We went round and round about the age gap between Sister E and me (“your mother was brave to have a baby that late in life”), the weather in NE (“you get a lot of moisture up there”), my parents’ recent visit to CO (“they’re such nice people”), their delayed departure (“poor dears”), and my job + how long I’ve worked there (“you are a good employee”) + how many people work with me (“it’s that many?”).

She gets extra forgetful when there’s a change (aka my parents leaving) or some big emotion (sadness), but tonight’s conversation consisted of me doubling back over topics before we’d even reached the end of one. So, yes, dear reader, I admit that during all that repetition and trying to think of different ways to say the same thing, I started keeping track of how often she said certain things: pleasant (5x), nice (17x), and good (8x).

It wasn’t my finest moment as a granddaughter, but maybe the words didn’t matter so much as the company we kept…



“What’s the weather like there?” Maga said.

“Raining, but warm.”

“No snow yet?”

“No, thank goodness. It doesn’t usually snow heavily until late in December or early in the new year.”

“I find as I get older I hate the snow. It’s not as fun as when I was younger and could go sledding.”

“Uh, when was the last time you went sledding?”

“Good gosh. Probably 30-40 years ago.”

“Makes sense.”

“What have you been up to lately?”

I took a deep breath. “Well, I need some advice.”

“Okay. Go ahead.”

“My boss is out on vacation and there’s this big meeting tomorrow that I’ll have to attend in his absence. I’m so nervous.”

“Write down a list of the things you want to say and do so you don’t forget. And think about it ahead of time so you know what you want to figure out at the meeting.”

Those are both things I do / will do / have planned to do, so this advice is right up my alley. And before I could ask her for anything further…

“Your mother and father are coming to visit Thursday.”

And just like that, we were back where Maga controlled the topics.

“Yes, they are! What sort of stuff do you have planned for when they visit?”

“Well, not much.

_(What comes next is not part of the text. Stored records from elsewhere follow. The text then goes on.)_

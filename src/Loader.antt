-- ===== src/Loader.antt =====
-- mesh-cni/src/bpf/loader.rs, with the paths of mesh-cni/src/bpf/mod.rs: loading the programs into
-- the kernel and pinning them and their maps, at the agent's start. The kernel, aya and the file
-- system are the parameter `Kernel`; the task that flushes the logger is not modelled.
pub mod Pinned
pub mod Start
use mesh_cni.Prelude.{
  ℕ, String, List, [], ◌∷◌, ◌++◌, Option, some, none, Bool, true, false, if◌then◌else◌,
}
use mesh_cni.Prelude.Result.{Result, ok, err, Proc, pure, fail, ◌>>=◌, ◌>>◌, lift, and_then}
use Prim.Native.String.{◌++◌ as append}

pub data BpfNamePath : Type 0 where
  map : String → BpfNamePath
  program : String → BpfNamePath

abbrev bpf_mesh_fs_dir : String
bpf_mesh_fs_dir = "/sys/fs/bpf/mesh"

abbrev bpf_mesh_maps_dir : String
bpf_mesh_maps_dir = "/sys/fs/bpf/mesh/maps"

abbrev bpf_mesh_prog_dir : String
bpf_mesh_prog_dir = "/sys/fs/bpf/mesh/programs"

abbrev pub bpf_mesh_links_dir : String
bpf_mesh_links_dir = "/sys/fs/bpf/mesh/links"

abbrev bpf_link_cgroup_connect_v4_path : String
bpf_link_cgroup_connect_v4_path = "/sys/fs/bpf/mesh/links/mesh_cni_cgroup_connect4"

abbrev cgroup_sys_dir : String
cgroup_sys_dir = "/sys/fs/cgroup"

-- `BpfNamePath::name`
unfoldable pub name : BpfNamePath → String
name (BpfNamePath.map n) = n
name (BpfNamePath.program n) = n

-- `BpfNamePath::path`
unfoldable pub path : BpfNamePath → String
path (BpfNamePath.map n) = append bpf_mesh_maps_dir (append "/" n)
path (BpfNamePath.program n) = append bpf_mesh_prog_dir (append "/" n)

abbrev pub bpf_program_ingress_tc : BpfNamePath
bpf_program_ingress_tc = BpfNamePath.program "mesh_cni_ingress"

abbrev pub bpf_program_cgroup_connect_v4 : BpfNamePath
bpf_program_cgroup_connect_v4 = BpfNamePath.program "mesh_cni_cgroup_connect4"

abbrev pub policy_maps_list : List BpfNamePath
policy_maps_list =
    BpfNamePath.map "identity_v4"
    ∷ BpfNamePath.map "identity_v6"
    ∷ BpfNamePath.map "conntrack_v4"
    ∷ BpfNamePath.map "policy"
    ∷ []

abbrev pub service_maps_list : List BpfNamePath
service_maps_list =
    BpfNamePath.map "services_v4"
    ∷ BpfNamePath.map "services_v6"
    ∷ BpfNamePath.map "endpoints_v4"
    ∷ BpfNamePath.map "endpoints_v6"
    ∷ []

abbrev pub prog_list : List BpfNamePath
prog_list = bpf_program_cgroup_connect_v4 ∷ bpf_program_ingress_tc ∷ []

pub data Object : Type 0 where
  mesh_cni_service mesh_cni_policy : Object

-- `fs::remove_dir_all`, a directory that is not there apart from the other errors.
pub data Removed : Type 0 where
  removed : Removed
  not_found : Removed
  failed : String → Removed

-- The `load` of a program.
pub data Loaded : Type 0 where
  loaded : Loaded
  already_loaded : Loaded
  failed : String → Loaded

pub record Kernel (S Ebpf MapData Prog File LinkId Link FdLink Logger : Type 0) : Type 0 where
  pub exists : S → String → Result Bool
  pub remove_dir_all : String → S → Removed × S
  pub create_dir_all : String → Proc S (Unit {0})
  pub open_file : String → Proc S File
  pub load : Object → Proc S Ebpf
  pub map_mut : Ebpf → String → Option MapData
  pub pin_map : MapData → String → Proc S (Unit {0})
  pub program_mut : Ebpf → String → Option Prog
  pub as_sock_addr : Prog → Result Prog
  pub as_classifier : Prog → Result Prog
  pub load_program : Prog → S → Loaded × S
  pub pin_program : Prog → String → Proc S (Unit {0})
  pub attach : Prog → File → Proc S LinkId
  pub take_link : Prog → LinkId → Proc S Link
  pub fd_link : Link → Result FdLink
  pub pin_link : FdLink → String → Proc S (Unit {0})
  pub sock_addr_from_pin : String → Proc S Prog
  pub classifier_from_pin : String → Proc S Prog
  pub info_id : Prog → Result ℕ
  pub logger_from_id : ℕ → Proc S Logger
  pub async_fd : Logger → Result (Unit {0})

module _ {S Ebpf MapData Prog File LinkId Link FdLink Logger : Type 0}
    (k : Kernel S Ebpf MapData Prog File LinkId Link FdLink Logger) where
  unfoldable pub start_ebpf_logger_from_prog_id : ℕ → Proc S (Unit {0})
  start_ebpf_logger_from_prog_id id = k.logger_from_id id >>= λ logger. lift (k.async_fd logger)

  unfoldable pub start_ebpf_logger : Proc S (Unit {0})
  start_ebpf_logger = do
    cgroup_prog ← k.sock_addr_from_pin (path bpf_program_cgroup_connect_v4)
    id ← lift (k.info_id cgroup_prog)
    start_ebpf_logger_from_prog_id id
    ingress ← k.classifier_from_pin (path bpf_program_ingress_tc)
    id ← lift (k.info_id ingress)
    start_ebpf_logger_from_prog_id id

  -- `if fs::exists(path)? { … } else { … }`
  unfoldable pub if_exists : {A : Type 0} → String → Proc S A → Proc S A → Proc S A
  if_exists p yes_case no_case s =
      (lift (k.exists s p) >>= λ found. if found then yes_case else no_case) s

  unfoldable pub or_missing : {A : Type 0} → Option A → String → Proc S A
  or_missing (some a) message = pure a
  or_missing none message = fail message

  unfoldable pub pin_maps : Ebpf → List BpfNamePath → Proc S (Unit {0})
  pin_maps ebpf [] = pure tt
  pin_maps ebpf (object ∷ rest) =
      if_exists (path object)
        (fail (append "pinned object " (append (path object) " already exists")))
        (or_missing (k.map_mut ebpf (name object))
            (append "map " (append (name object) " not found"))
          >>= λ m. k.pin_map m (path object))
      >> pin_maps ebpf rest

  unfoldable pub ensure_pin_dirs : Proc S (Unit {0})
  ensure_pin_dirs = do
    k.create_dir_all bpf_mesh_maps_dir
    k.create_dir_all bpf_mesh_prog_dir
    k.create_dir_all bpf_mesh_links_dir

  -- Both loops of `pins_exist`, over the paths in order.
  unfoldable pub all_exist : List BpfNamePath → S → Result Bool
  all_exist [] s = ok true
  all_exist (object ∷ rest) s =
      and_then (k.exists s (path object)) λ found. if found then all_exist rest s else ok false

  unfoldable pub pins_exist : S → Result Bool
  pins_exist s =
      and_then (all_exist (service_maps_list ++ policy_maps_list) s)
        λ found. if found then all_exist prog_list s else ok false

  unfoldable pub after_removal : Removed × S → Result (Unit {0}) × S
  after_removal (Removed.removed, s) = ensure_pin_dirs s
  after_removal (Removed.not_found, s) = ensure_pin_dirs s
  after_removal (Removed.failed e, s) = (err e, s)

  unfoldable pub reset_pins : Proc S (Unit {0})
  reset_pins s = after_removal (k.remove_dir_all bpf_mesh_fs_dir s)

  -- `if let Err(e) = program.load() && !matches!(e, AlreadyLoaded)`
  unfoldable pub check_loaded : Loaded × S → Result (Unit {0}) × S
  check_loaded (Loaded.loaded, s) = (ok tt, s)
  check_loaded (Loaded.already_loaded, s) = (ok tt, s)
  check_loaded (Loaded.failed e, s) = (err e, s)

  unfoldable pub load_unless_loaded : Prog → Proc S (Unit {0})
  load_unless_loaded prog s = check_loaded (k.load_program prog s)

  unfoldable pub ensure_ingress_program : Ebpf → Proc S (Unit {0})
  ensure_ingress_program ebpf = if_exists (path bpf_program_ingress_tc) (pure tt) do
    prog ←
        or_missing (k.program_mut ebpf (name bpf_program_ingress_tc))
          (append "failed to get program " (name bpf_program_ingress_tc))
    ingress ← lift (k.as_classifier prog)
    load_unless_loaded ingress
    if_exists (path bpf_program_ingress_tc) (pure tt)
        (k.pin_program ingress (path bpf_program_ingress_tc))

  -- `try_into().map_err(…)`
  unfoldable pub to_fd_link : Result FdLink → Result FdLink
  to_fd_link (ok link) = ok link
  to_fd_link (err e) = err (append "failed to create fdlink from cgroup attachment link: " e)

  unfoldable pub attach_cgroup_connect_bpf_program : Ebpf → Proc S (Unit {0})
  attach_cgroup_connect_bpf_program ebpf = do
    prog ←
        or_missing (k.program_mut ebpf (name bpf_program_cgroup_connect_v4))
          (append "failed to load program " (name bpf_program_cgroup_connect_v4))
    prog ← lift (k.as_sock_addr prog)
    load_unless_loaded prog
    cgroup ← k.open_file cgroup_sys_dir
    link_id ← k.attach prog cgroup
    k.pin_program prog (path bpf_program_cgroup_connect_v4)
    link ← k.take_link prog link_id
    link ← lift (to_fd_link (k.fd_link link))
    k.pin_link link bpf_link_cgroup_connect_v4_path

  -- `init_bpf` where some pin is missing.
  unfoldable pub load_and_pin : Proc S (Unit {0})
  load_and_pin = do
    reset_pins
    service_ebpf ← k.load Object.mesh_cni_service
    attach_cgroup_connect_bpf_program service_ebpf
    pin_maps service_ebpf service_maps_list
    policy_ebpf ← k.load Object.mesh_cni_policy
    ensure_ingress_program policy_ebpf
    pin_maps policy_ebpf policy_maps_list
    start_ebpf_logger

  unfoldable pub init_bpf : Proc S (Unit {0})
  init_bpf s =
      (lift (pins_exist s) >>= λ found. if found then start_ebpf_logger else load_and_pin) s
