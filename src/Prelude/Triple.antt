-- ===== src/Prelude/Triple.antt =====
-- Triples for calls that change a state: what holds before a call, after it returned `Ok`, and
-- after it returned an error.
use Prim.Native.String.{String}
use mathlib.Core.Path.{◌≡◌, ◌∙◌}
use mesh_cni.Prelude.Result.{Result, ok, err, Proc, then_do, ◌>>=◌}

abbrev pub After : {S A : Type 0} → (A → S → Type 0) → (S → Type 0) → Result A × S → Type 0
After done failed (ok a, s) = done a s
After done failed (err e, s) = failed s

abbrev pub Triple :
    {S A : Type 0} → (S → Type 0) → Proc S A → (A → S → Type 0) → (S → Type 0) → Type 0
Triple before m done failed = (s : _) → before s → After done failed (m s)

-- The two cases, of a result that is known.
pub After-ok :
    {S A : Type 0} (done : A → S → Type 0) (failed : S → Type 0) (r : Result A × S) (a : A)
    → After done failed r
    → r.0 ≡ ok a
    → done a r.1
After-ok done failed (ok b, s) a h e = let q : b ≡ a = cc in rw (← q) h
After-ok done failed (err x, s) a h e = cc

pub After-err :
    {S A : Type 0} (done : A → S → Type 0) (failed : S → Type 0) (r : Result A × S) (x : String)
    → After done failed r
    → r.0 ≡ err x
    → failed r.1
After-err done failed (ok b, s) x h e = cc
After-err done failed (err y, s) x h e = h

pub After-map :
    {S A : Type 0} (D D' : A → S → Type 0) (F F' : S → Type 0) (r : Result A × S)
    → ((a : A) (s : S) → D a s → D' a s)
    → ((s : S) → F s → F' s)
    → After D F r
    → After D' F' r
After-map D D' F F' (ok a, s) d f h = d a s h
After-map D D' F F' (err e, s) d f h = f s h

pub then_do-After :
    {S A B : Type 0} (middle : A → S → Type 0) (done : B → S → Type 0) (failed : S → Type 0)
    (r : Result A × S) (f : A → Proc S B)
    → After middle failed r
    → ((a : A) → Triple (middle a) (f a) done failed)
    → After done failed (then_do r f)
then_do-After middle done failed (ok a, s) f h k = k a s h
then_do-After middle done failed (err e, s) f h k = h

pub >>=-Triple :
    {S A B : Type 0} (before : S → Type 0) (middle : A → S → Type 0) (done : B → S → Type 0)
    (failed : S → Type 0) (m : Proc S A) (f : A → Proc S B)
    → Triple before m middle failed
    → ((a : A) → Triple (middle a) (f a) done failed)
    → Triple before (m >>= f) done failed
>>=-Triple before middle done failed m f h k s p =
    then_do-After middle done failed (m s) f (h s p) k

-- A call that leaves a view of the state alone.
abbrev pub Quiet : {S A V : Type 0} → (S → V) → Proc S A → Type 0
Quiet view m = (s : _) → view (m s).1 ≡ view s

-- A quiet call first changes nothing of what the rest does to the view.
pub Quiet->>= :
    {S A B V : Type 0} (view : S → V) (v : V) (done : B → S → Type 0) (failed : S → Type 0)
    (m : Proc S A) (f : A → Proc S B)
    → ((s : S) → view s ≡ v → failed s)
    → Quiet view m
    → ((a : A) → Triple (λ s. view s ≡ v) (f a) done failed)
    → Triple (λ s. view s ≡ v) (m >>= f) done failed
Quiet->>= {S} {A} view v done failed m f same quiet k s p =
    then_do-After (λ a s. view s ≡ v) done failed (m s) f (first (m s) (quiet s ∙ p)) k
  where
    first : (r : Result A × S) → view r.1 ≡ v → After (λ a s. view s ≡ v) failed r
    first (ok a, s) h = h
    first (err e, s) h = same s h
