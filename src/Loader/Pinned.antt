-- ===== src/Loader/Pinned.antt =====
-- What each step of the agent's start pins.
use mesh_cni.Loader.{
  BpfNamePath, Object, Kernel, Loaded, name, path, bpf_program_ingress_tc,
  bpf_program_cgroup_connect_v4, bpf_link_cgroup_connect_v4_path, cgroup_sys_dir, if_exists,
  or_missing, pin_maps, check_loaded, load_unless_loaded, to_fd_link, ensure_ingress_program,
  attach_cgroup_connect_bpf_program,
}
use mesh_cni.Prelude.{
  ℕ, String, List, [], ◌∷◌, Option, some, none, Bool, true, false, ◌≡◌, refl, inl, inr, IsIn,
  if◌then◌else◌,
}
use mesh_cni.Prelude.Result.{Result, ok, err, Proc, Keeps, ◌>>=◌, lift, pure, fail}
use mesh_cni.Prelude.Triple.{After, Triple, Quiet, then_do-After}

abbrev pub onto : List BpfNamePath → List BpfNamePath → List BpfNamePath
onto [] acc = acc
onto (o ∷ rest) acc = onto rest (o ∷ acc)

-- What the agent relies on: `exists` is right, no call but `remove_dir_all` removes a file, a pin
-- that succeeds makes one, and the logger makes none.
pub record IsKernel {S Ebpf MapData Prog File LinkId Link FdLink Logger : Type 0}
    (k : Kernel S Ebpf MapData Prog File LinkId Link FdLink Logger) : Type 0 where
  pub view : S → String → Bool
  pub exists_view : (s : S) (p : String) (b : Bool) → k.exists s p ≡ ok b → view s p ≡ b
  pub create_Keeps : (q d : String) → Keeps (λ s. view s q ≡ true) (k.create_dir_all d)
  pub open_Keeps : (q d : String) → Keeps (λ s. view s q ≡ true) (k.open_file d)
  pub load_Keeps : (q : String) (o : Object) → Keeps (λ s. view s q ≡ true) (k.load o)
  pub load_program_Keeps :
      (q : String) (prog : Prog) (s : S) → view s q ≡ true → view (k.load_program prog s).1 q ≡ true
  pub attach_Keeps :
      (q : String) (prog : Prog) (f : File) → Keeps (λ s. view s q ≡ true) (k.attach prog f)
  pub take_Keeps :
      (q : String) (prog : Prog) (id : LinkId) → Keeps (λ s. view s q ≡ true) (k.take_link prog id)
  pub pin_link_Keeps :
      (q : String) (l : FdLink) (p : String) → Keeps (λ s. view s q ≡ true) (k.pin_link l p)
  pub pin_map_Keeps :
      (q : String) (m : MapData) (p : String) → Keeps (λ s. view s q ≡ true) (k.pin_map m p)
  pub pin_map_ok :
      (m : MapData) (p : String) (s : S)
      → (k.pin_map m p s).0 ≡ ok tt
      → view (k.pin_map m p s).1 p ≡ true
  pub pin_program_Keeps :
      (q : String) (m : Prog) (p : String) → Keeps (λ s. view s q ≡ true) (k.pin_program m p)
  pub pin_program_ok :
      (m : Prog) (p : String) (s : S)
      → (k.pin_program m p s).0 ≡ ok tt
      → view (k.pin_program m p s).1 p ≡ true
  pub sock_addr_quiet : (p : String) → Quiet view (k.sock_addr_from_pin p)
  pub classifier_quiet : (p : String) → Quiet view (k.classifier_from_pin p)
  pub logger_quiet : (id : ℕ) → Quiet view (k.logger_from_id id)

module _ {S Ebpf MapData Prog File LinkId Link FdLink Logger : Type 0}
    {k : Kernel S Ebpf MapData Prog File LinkId Link FdLink Logger} (laws : IsKernel k) where
  open laws use {view}

  abbrev pub Pinned : List BpfNamePath → S → Type 0
  Pinned objects s = (o : BpfNamePath) → IsIn o objects → view s (path o) ≡ true

  -- Once `m` succeeds, `after` is pinned as well as `before`.
  abbrev pub Pins : {A : Type 0} → List BpfNamePath → Proc S A → List BpfNamePath → Type 0
  Pins before m after = Triple (Pinned before) m (λ a. Pinned after) (λ t. Unit)

  pub first :
      {A B : Type 0} (before after : List BpfNamePath) (m : Proc S A) (f : A → Proc S B)
      → ((q : String) → Keeps (λ s. view s q ≡ true) m)
      → ((a : A) → Pins before (f a) after)
      → Pins before (m >>= f) after
  first {A} before after m f keeps h s p =
      then_do-After (λ a. Pinned before) (λ a. Pinned after) (λ t. Unit) (m s) f
        (kept (m s) (λ o i. keeps (path o) s (p o i))) h
    where
      kept : (r : Result A × S) → Pinned before r.1 → After (λ a. Pinned before) (λ t. Unit) r
      kept (ok a, t) h = h
      kept (err e, t) h = tt

  pub last :
      {A : Type 0} (before : List BpfNamePath) (m : Proc S A)
      → ((q : String) → Keeps (λ s. view s q ≡ true) m)
      → Pins before m before
  last {A} before m keeps s p = kept (m s) (λ o i. keeps (path o) s (p o i))
    where
      kept : (r : Result A × S) → Pinned before r.1 → After (λ a. Pinned before) (λ t. Unit) r
      kept (ok a, t) h = h
      kept (err e, t) h = tt

  -- A call that pins one object.
  adds :
      (before : List BpfNamePath) (o : BpfNamePath) (m : Proc S (Unit {0}))
      → ((q : String) → Keeps (λ s. view s q ≡ true) m)
      → ((s : S) → (m s).0 ≡ ok tt → view (m s).1 (path o) ≡ true)
      → Pins before m (o ∷ before)
  adds before o m keeps pins s p = added (m s) (λ o i. keeps (path o) s (p o i)) (pins s)
    where
      added :
          (r : Result (Unit {0}) × S)
          → Pinned before r.1
          → (r.0 ≡ ok tt → view r.1 (path o) ≡ true)
          → After (λ a. Pinned (o ∷ before)) (λ t. Unit) r
      added (ok a, t) h g = λ x i. elim i [ inl e ↦ rw e (g refl) | inr j ↦ h x j ]
      added (err e, t) h g = tt

  pub next :
      {A B : Type 0} (before middle after : List BpfNamePath) (m : Proc S A) (f : A → Proc S B)
      → Pins before m middle
      → ((a : A) → Pins middle (f a) after)
      → Pins before (m >>= f) after
  next before middle after m f pins h s p =
      then_do-After (λ a. Pinned middle) (λ a. Pinned after) (λ t. Unit) (m s) f (pins s p) h

  -- Nothing is pinned after a call of which nothing is known.
  pub anything : {A : Type 0} (m : Proc S A) → Pins [] m []
  anything {A} m s p = go (m s)
    where
      go : (r : Result A × S) → After (λ a. Pinned []) (λ t. Unit) r
      go (ok a, t) = λ o i. absurd i
      go (err e, t) = tt

  load_unless_loaded-Keeps :
      (prog : Prog) (q : String) → Keeps (λ s. view s q ≡ true) (load_unless_loaded k prog)
  unfolding load_unless_loaded check_loaded
  load_unless_loaded-Keeps prog q s h =
      checked (k.load_program prog s) (laws.load_program_Keeps q prog s h)
    where
      checked : (r : Loaded × S) → view r.1 q ≡ true → view (check_loaded k r).1 q ≡ true
      checked (Loaded.loaded, t) h = h
      checked (Loaded.already_loaded, t) h = h
      checked (Loaded.failed e, t) h = h

  or_missing-Keeps :
      {A : Type 0} (o : Option A) (message : String) (q : String)
      → Keeps (λ s. view s q ≡ true) (or_missing k o message)
  unfolding or_missing
  or_missing-Keeps (some a) message q s h = h
  or_missing-Keeps none message q s h = h

  pub attach-Pins :
      (ebpf : Ebpf)
      → Pins [] (attach_cgroup_connect_bpf_program k ebpf) (bpf_program_cgroup_connect_v4 ∷ [])
  unfolding attach_cgroup_connect_bpf_program
  attach-Pins ebpf =
      let o = bpf_program_cgroup_connect_v4 in
      let after = o ∷ [] in
      first [] after (or_missing k (k.program_mut ebpf (name o)) _) _ (or_missing-Keeps _ _) λ prog.
        first [] after (lift (k.as_sock_addr prog)) _ (λ q s h. h)
          λ prog. first [] after (load_unless_loaded k prog) _ (load_unless_loaded-Keeps prog) λ _.
            first [] after (k.open_file cgroup_sys_dir) _ (λ q. laws.open_Keeps q _)
              λ cgroup.
                first [] after (k.attach prog cgroup) _ (λ q. laws.attach_Keeps q prog cgroup)
                  λ id.
                    next [] after after (k.pin_program prog (path o)) _
                      (adds [] o (k.pin_program prog (path o))
                        (λ q. laws.pin_program_Keeps q prog _) (laws.pin_program_ok prog (path o)))
                      λ _.
                        first after after (k.take_link prog id) _ (λ q. laws.take_Keeps q prog id)
                          λ link.
                            first after after (lift (to_fd_link k (k.fd_link link))) _ (λ q s h. h)
                              λ fd.
                                last after (k.pin_link fd bpf_link_cgroup_connect_v4_path)
                                  (λ q. laws.pin_link_Keeps q fd _)

  -- The tests of `exists`.
  if_exists-Pins :
      {A : Type 0} (before after : List BpfNamePath) (p : String) (yes_case no_case : Proc S A)
      → ((s : S)
          → view s p ≡ true
          → Pinned before s
          → After (λ a. Pinned after) (λ t. Unit) (yes_case s))
      → Pins before no_case after
      → Pins before (if_exists k p yes_case no_case) after
  unfolding if_exists
  if_exists-Pins {A} before after p yes_case no_case y n s h = go (k.exists s p) refl
    where
      go :
          (r : Result Bool)
          → k.exists s p ≡ r
          → After
              (λ a. Pinned after)
              (λ t. Unit)
              ((lift r >>= λ found. if found then yes_case else no_case) s)
      go (ok true) e = y s (laws.exists_view s p true e) h
      go (ok false) e = n s h
      go (err x) e = tt

  pub pin_maps-Pins :
      (ebpf : Ebpf) (objects before : List BpfNamePath)
      → Pins before (pin_maps k ebpf objects) (onto objects before)
  unfolding pin_maps
  pin_maps-Pins ebpf [] before = λ s h. h
  pin_maps-Pins ebpf (o ∷ rest) before =
      next before (o ∷ before) (onto rest (o ∷ before))
        (if_exists k (path o) (fail _)
          (or_missing k (k.map_mut ebpf (name o)) _ >>= λ m. k.pin_map m (path o)))
        _
        (if_exists-Pins before (o ∷ before) (path o) (fail _) _ (λ s e h. tt)
          (first before (o ∷ before) (or_missing k (k.map_mut ebpf (name o)) _) _
            (or_missing-Keeps _ _)
            λ m.
              adds before o (k.pin_map m (path o)) (λ q. laws.pin_map_Keeps q m (path o))
                (laws.pin_map_ok m (path o))))
        (λ _. pin_maps-Pins ebpf rest (o ∷ before))

  pub ensure_ingress-Pins :
      (ebpf : Ebpf) (before : List BpfNamePath)
      → Pins before (ensure_ingress_program k ebpf) (bpf_program_ingress_tc ∷ before)
  unfolding ensure_ingress_program
  ensure_ingress-Pins ebpf before =
      let o = bpf_program_ingress_tc in
      let after = o ∷ before in
      if_exists-Pins before after (path o) (pure tt) _ there (
        first before after (or_missing k (k.program_mut ebpf (name o)) _) _ (or_missing-Keeps _ _)
          λ prog.
            first before after (lift (k.as_classifier prog)) _ (λ q s h. h)
              λ prog.
                first before after (load_unless_loaded k prog) _ (load_unless_loaded-Keeps prog)
                  λ _. if_exists-Pins before after (path o) (pure tt) _ there (
                    adds before o (k.pin_program prog (path o))
                      (λ q. laws.pin_program_Keeps q prog _) (laws.pin_program_ok prog (path o))))
    where
      there :
          (s : S)
          → view s (path bpf_program_ingress_tc) ≡ true
          → Pinned before s
          → After (λ a. Pinned (bpf_program_ingress_tc ∷ before)) (λ t. Unit) (pure tt s)
      there s e h x i = elim i [ inl q ↦ rw q e | inr j ↦ h x j ]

I am 96 you know. They will stay at the house and probably clean it out. They cleaned out a lot before I just found out. I hate losing things.”

“But you’re not losing the memories.”

She may have been in control of the topics, but I was able to focus her attention where it mattered.

“Tuesdays are always a bright spot in my life because you call,” she said.

And just like that Maga reminded me that no matter if it was little details or big stories, our calls contained conversations that were evenly balanced.